I've been trying to understand the origin of the Logistic function in Logistic regression: $$\Pr(Y=1|x;\theta)=\frac{1}{1+e^{-\theta x}}$$ I was lead to beilive that one could somehow arrive at this purely from the Binomial Distribution and a Maximum Likelihood type argument, but I can't quite see it. Is seems that if one considers the Binomial Distribution as a member of the Exponential Family of distributions the Logit function arises as the "natural parameter", but I'm not quite sure as to the meaning or consequences of this.
To summarize:
- Is the logistic function "optimal" in some mathematical way, or is this just a convenient function? If it is, can one derive it from a Maximal Likelihood formulation?
- How (if at all) is all this connected to the Exponential Family?
I've searched around quite a lot, as well as tried to derive this myself, but so far no dice.
Any ideas?
Writing the probability mass function of a bernoulli random variable $X$ with parameter $\pi$ (let's simplify things here) and then introducing the exponential function \begin{eqnarray*} p \left( x ; \pi \right) & = & \pi^x \left( 1 - \pi \right)^{1 - x}\\ & = & \exp \left( x \log \left( \pi \right) + \left( 1 - x \right) \log \left( 1 - \pi \right) \right)\\ & = & \exp \left( x \log \left( \frac{\pi}{1 - \pi} \right) + \log \left( 1 - \pi \right) \right) \end{eqnarray*} From the above, we see that this is in the form of an exponential family with statistic $x$ and parameter $\log \left( \frac{\pi}{1 - \pi} \right)$ (the remaining $\log \left( 1 - \pi \right)$ is just a constant of integration).

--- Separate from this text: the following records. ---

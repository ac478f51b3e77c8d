-- ===== src/Service/Meets.antt =====
-- A command meets an effect: the same value, the same reports and the same history, and the memory
-- as it was, or, where the effect is not clean, every block that was there before and one more.
use libzbxpgsql.Base.{
  subst, ℕ, ◌≤◌, ◌<◌, ◌≡◌, refl, ap, sym, ◌∙◌, Bool, true, false, ◌&&◌, Option, none, some, List,
  [], ◌∷◌, ◌++◌, append_assoc, Text, arith,
}
use native.Mathlib.Nat.{le_refl}
use libzbxpgsql.Runtime.{World, Object, params, Report, Cmd, pure, lift, ◌>>=◌, report}
use libzbxpgsql.Params.{PgParams}
use libzbxpgsql.Params.Laws.{array, IsFresh, Frees, Frees-IsFresh}
use libzbxpgsql.Params.Owned.{HasArray, is_empty}
use libzbxpgsql.Service.Effects.{Effect, Act, returns, lifted, says, joined, and_then}

-- Every block of `w` is still there.
pub record Keeps (w w' : World) : Type 0 where
  pub old : (p : ℕ) → p < w.next → w'.heap p ≡ w.heap p
  pub fresh : IsFresh w'
  pub grows : w.next ≤ w'.next

-- Every block of `w` is still there, and a new one is left behind.
pub record Leaves (w w' : World) : Type 0 where
  pub keeps : Keeps w w'
  pub left : (p : ℕ) × (o : Object) × (w.next ≤ p) × (p < w'.next) × (w'.heap p ≡ some o)

abbrev pub Memory : Bool → World → World → Type 0
Memory true w w' = Frees none w w'
Memory false w w' = Leaves w w'

pub Memory-Keeps : (clean : Bool) (w w' : World) → IsFresh w → Memory clean w w' → Keeps w w'
Memory-Keeps true w w' f m = record {
  old = λ p l. m.heap p;
  fresh = Frees-IsFresh none w w' m f;
  grows = m.grows;
}
Memory-Keeps false w w' f m = m.keeps

pub Keeps-trans : (w₁ w₂ w₃ : World) → Keeps w₁ w₂ → Keeps w₂ w₃ → Keeps w₁ w₃
Keeps-trans w₁ w₂ w₃ a b = record {
  old = λ p l. b.old p (omega (arith, l, a.grows)) ∙ a.old p l;
  fresh = b.fresh;
  grows = omega (arith, a.grows, b.grows);
}

pub Memory_trans :
    (c d : Bool) (w₁ w₂ w₃ : World)
    → IsFresh w₁
    → Memory c w₁ w₂
    → Memory d w₂ w₃
    → Memory (c && d) w₁ w₃
Memory_trans true true w₁ w₂ w₃ f a b = record {
  heap = λ p. b.heap p ∙ a.heap p;
  grows = omega (arith, a.grows, b.grows);
}
Memory_trans true false w₁ w₂ w₃ f a b =
    let (q, o, new, bound, there) = b.left in
    record {
      keeps = Keeps-trans w₁ w₂ w₃ (Memory-Keeps true w₁ w₂ f a) b.keeps;
      left = (q, o, omega (arith, new, a.grows), bound, there);
    }
Memory_trans false d w₁ w₂ w₃ f a b =
    let (q, o, new, bound, there) = a.left in
    let kept = Memory-Keeps d w₂ w₃ a.keeps.fresh b in
    record {
      keeps = Keeps-trans w₁ w₂ w₃ a.keeps kept;
      left = (q, o, new, omega (arith, bound, kept.grows), kept.old q bound ∙ there);
    }

-- An array that is never given back.
pub HasArray-Memory :
    (w₀ w : World) (ps : PgParams) (ss : List Text)
    → HasArray w₀ w ps ss
    → Memory (is_empty ss) w₀ w
HasArray-Memory w₀ w none ss o = rw o.placed (record { heap = o.heap; grows = o.grows })
HasArray-Memory w₀ w (some q) ss o = rw o.placed.2 (record {
  keeps = record {
    old = λ p l. ground (arith, o.heap p, o.placed);
    fresh = λ p l. ground (arith, o.heap p, o.was_fresh p, o.grows, o.placed);
    grows = o.grows;
  };
  left = (q, params (array ss), o.placed.0, o.placed.1, ground (arith, o.heap q));
})

-- The step from `w` to `w'` performs the effect; the memory is compared with that of `w₀`.
pub record Performs {B : Type 0} (e : Effect B) (w₀ w w' : World) : Type 0 where
  pub memory : Memory e.clean w₀ w'
  pub reports : w'.reports ≡ e.said ++ w.reports
  pub history : w'.history ≡ e.asked ++ w.history

abbrev pub Meets : {B : Type 0} → World → World → Option (B × World) → Option (Effect B) → Type 0
Meets w₀ w r none = r ≡ none
Meets {B} w₀ w r (some e) = (w' : World) × (r ≡ some (e.value, w')) × Performs e w₀ w w'

-- A command implements an act, from every state.
pub record Implements {B : Type 0} (m : Cmd B) (a : Act B) : Type 0 where
  pub at : (w : World) → IsFresh w → Meets w w (m w) (a w.history)

module _ {A B : Type 0} where
  abbrev continue : (A → Cmd B) → Option (A × World) → Option (B × World)
  continue k none = none
  continue k (some (x, w)) = k x w

  pub Meets-joined :
      (e : Effect A) (w₀ w w₁ : World) (r : Option (B × World)) (next : Option (Effect B))
      → IsFresh w₀
      → Performs e w₀ w w₁
      → Meets w₁ w₁ r next
      → Meets w₀ w r (joined e next)
  Meets-joined e w₀ w w₁ r none f p m = m
  Meets-joined e w₀ w w₁ r (some e') f p (w₂, runs, q) = (
    w₂,
    runs,
    record {
      memory = Memory_trans e.clean e'.clean w₀ w₁ w₂ f p.memory q.memory;
      reports =
          q.reports ∙ ap (◌++◌ e'.said) p.reports ∙ sym (append_assoc e'.said e.said w.reports);
      history =
          q.history ∙ ap (◌++◌ e'.asked) p.history ∙ sym (append_assoc e'.asked e.asked w.history);
    },
  )

  -- One command after the other.
  pub Meets-bind_of :
      (w₀ w : World) (m : Cmd A) (a : Option (Effect A)) (k : A → Cmd B) (next : A → Act B)
      → IsFresh w₀
      → Meets w₀ w (m w) a
      → ((e : Effect A) → a ≡ some e → Implements (k e.value) (next e.value))
      → Meets w₀ w ((m >>= k) w) (and_then a next w.history)
  Meets-bind_of w₀ w m none k next f h impl = ap (continue k) h
  Meets-bind_of w₀ w m (some e) k next f (w₁, runs, p) impl =
      let fresh = (Memory-Keeps e.clean w₀ w₁ f p.memory).fresh in
      let step : Meets w₁ w₁ (k e.value w₁) (next e.value (e.asked ++ w.history)) =
        subst (λ h. Meets w₁ w₁ (k e.value w₁) (next e.value h)) p.history
          ((impl e refl).at w₁ fresh) in
      subst (λ r. Meets w₀ w r (and_then (some e) next w.history)) (sym (ap (continue k) runs))
        (Meets-joined e w₀ w w₁ (k e.value w₁) (next e.value (e.asked ++ w.history)) f p step)

  pub Meets-bind :
      (w₀ w : World) (m : Cmd A) (a : Option (Effect A)) (k : A → Cmd B) (next : A → Act B)
      → IsFresh w₀
      → Meets w₀ w (m w) a
      → ((x : A) → Implements (k x) (next x))
      → Meets w₀ w ((m >>= k) w) (and_then a next w.history)
  Meets-bind w₀ w m a k next f h impl = Meets-bind_of w₀ w m a k next f h (λ e _. impl e.value)

  -- What is read from the value.
  abbrev pub mapped : (A → Option B) → Option (Effect A) → Option (Effect B)
  mapped g none = none
  mapped g (some e) = elim (g e.value) [
    | none ↦ none
    | some b ↦ some (record { value = b; said = e.said; asked = e.asked; clean = e.clean })
  ]

  pub Meets-mapped :
      (g : A → Option B) (w₀ w : World) (m : Cmd A) (a : Option (Effect A))
      → Meets w₀ w (m w) a
      → Meets w₀ w ((m >>= λ x. lift (g x)) w) (mapped g a)
  Meets-mapped g w₀ w m none h = ap (continue (λ x. lift (g x))) h
  Meets-mapped g w₀ w m (some e) (w₁, runs, p) = go (g e.value) refl
    where
      go :
          (o : Option B)
          → g e.value ≡ o
          → Meets w₀ w ((m >>= λ x. lift (g x)) w) (elim o [
            | none ↦ none
            | some b ↦ some (record { value = b; said = e.said; asked = e.asked; clean = e.clean })
          ])
      go none x = ground (arith, runs, x)
      go (some b) x = (
        w₁,
        ground (arith, runs, x),
        record { memory = p.memory; reports = p.reports; history = p.history },
      )

pub Frees_refl : (w : World) → Frees none w w
Frees_refl w = record { heap = λ p. refl; grows = le_refl _ }

pub Implements-returns : {B : Type 0} (b : B) → Implements (pure b) (returns b)
Implements-returns b = record {
  at = λ w f. (w, refl, record { memory = Frees_refl w; reports = refl; history = refl });
}

pub Implements-lift : {B : Type 0} (o : Option B) → Implements (lift o) (lifted o)
Implements-lift none = record { at = λ w f. refl }
Implements-lift (some b) = Implements-returns b

-- One report.
pub Implements-report :
    {B : Type 0} (r : Report) (b : B) → Implements (report r >>= λ _. pure b) (says (r ∷ []) true b)
unfolding report
Implements-report r b = record {
  at = λ w f. (
    record w { reports = r ∷ w.reports },
    refl,
    record {
      memory = record { heap = λ p. refl; grows = le_refl _ };
      reports = refl;
      history = refl;
    },
  );
}

module _ {A B : Type 0} where
  -- `Meets-bind` where the first command stands alone.
  pub Implements-bind :
      (m : Cmd A) (a : Act A) (k : A → Cmd B) (next : A → Act B)
      → Implements m a
      → ((x : A) → Implements (k x) (next x))
      → Implements (m >>= k) (λ h. and_then (a h) next h)
  Implements-bind m a k next first rest = record {
    at = λ w f. Meets-bind w w m (a w.history) k next f (first.at w f) rest;
  }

It is a natural to write this in canonical form by making the transformation $\theta = \log \left( \frac{\pi}{1 - \pi} \right)$ in order to get something of the form $p \left( x ; \theta \right) = \exp \left( x \theta - c \left( \theta \right) \right)$. This new function is the logit function. If you would like to express the inverse relationship function you obtain the logistic transformation $$ \pi = \frac{1}{1 + \exp \left( - \theta \right)} $$ Regarding you two questions, and as far as I understand the issues: The logistic function rises from the Bernoulli distribution. That is as natural as you can can get. In that framework, the linear form $x \theta$ has the natural decomposition sufficient statistic vs. parameter. That is, taking the distribution of $n$ copies of $X$, the mean is a sufficient statistic for estimating $\theta$ and you do not need to go beyond that for the maximum likelihood estimator. I think this is the link you were looking for.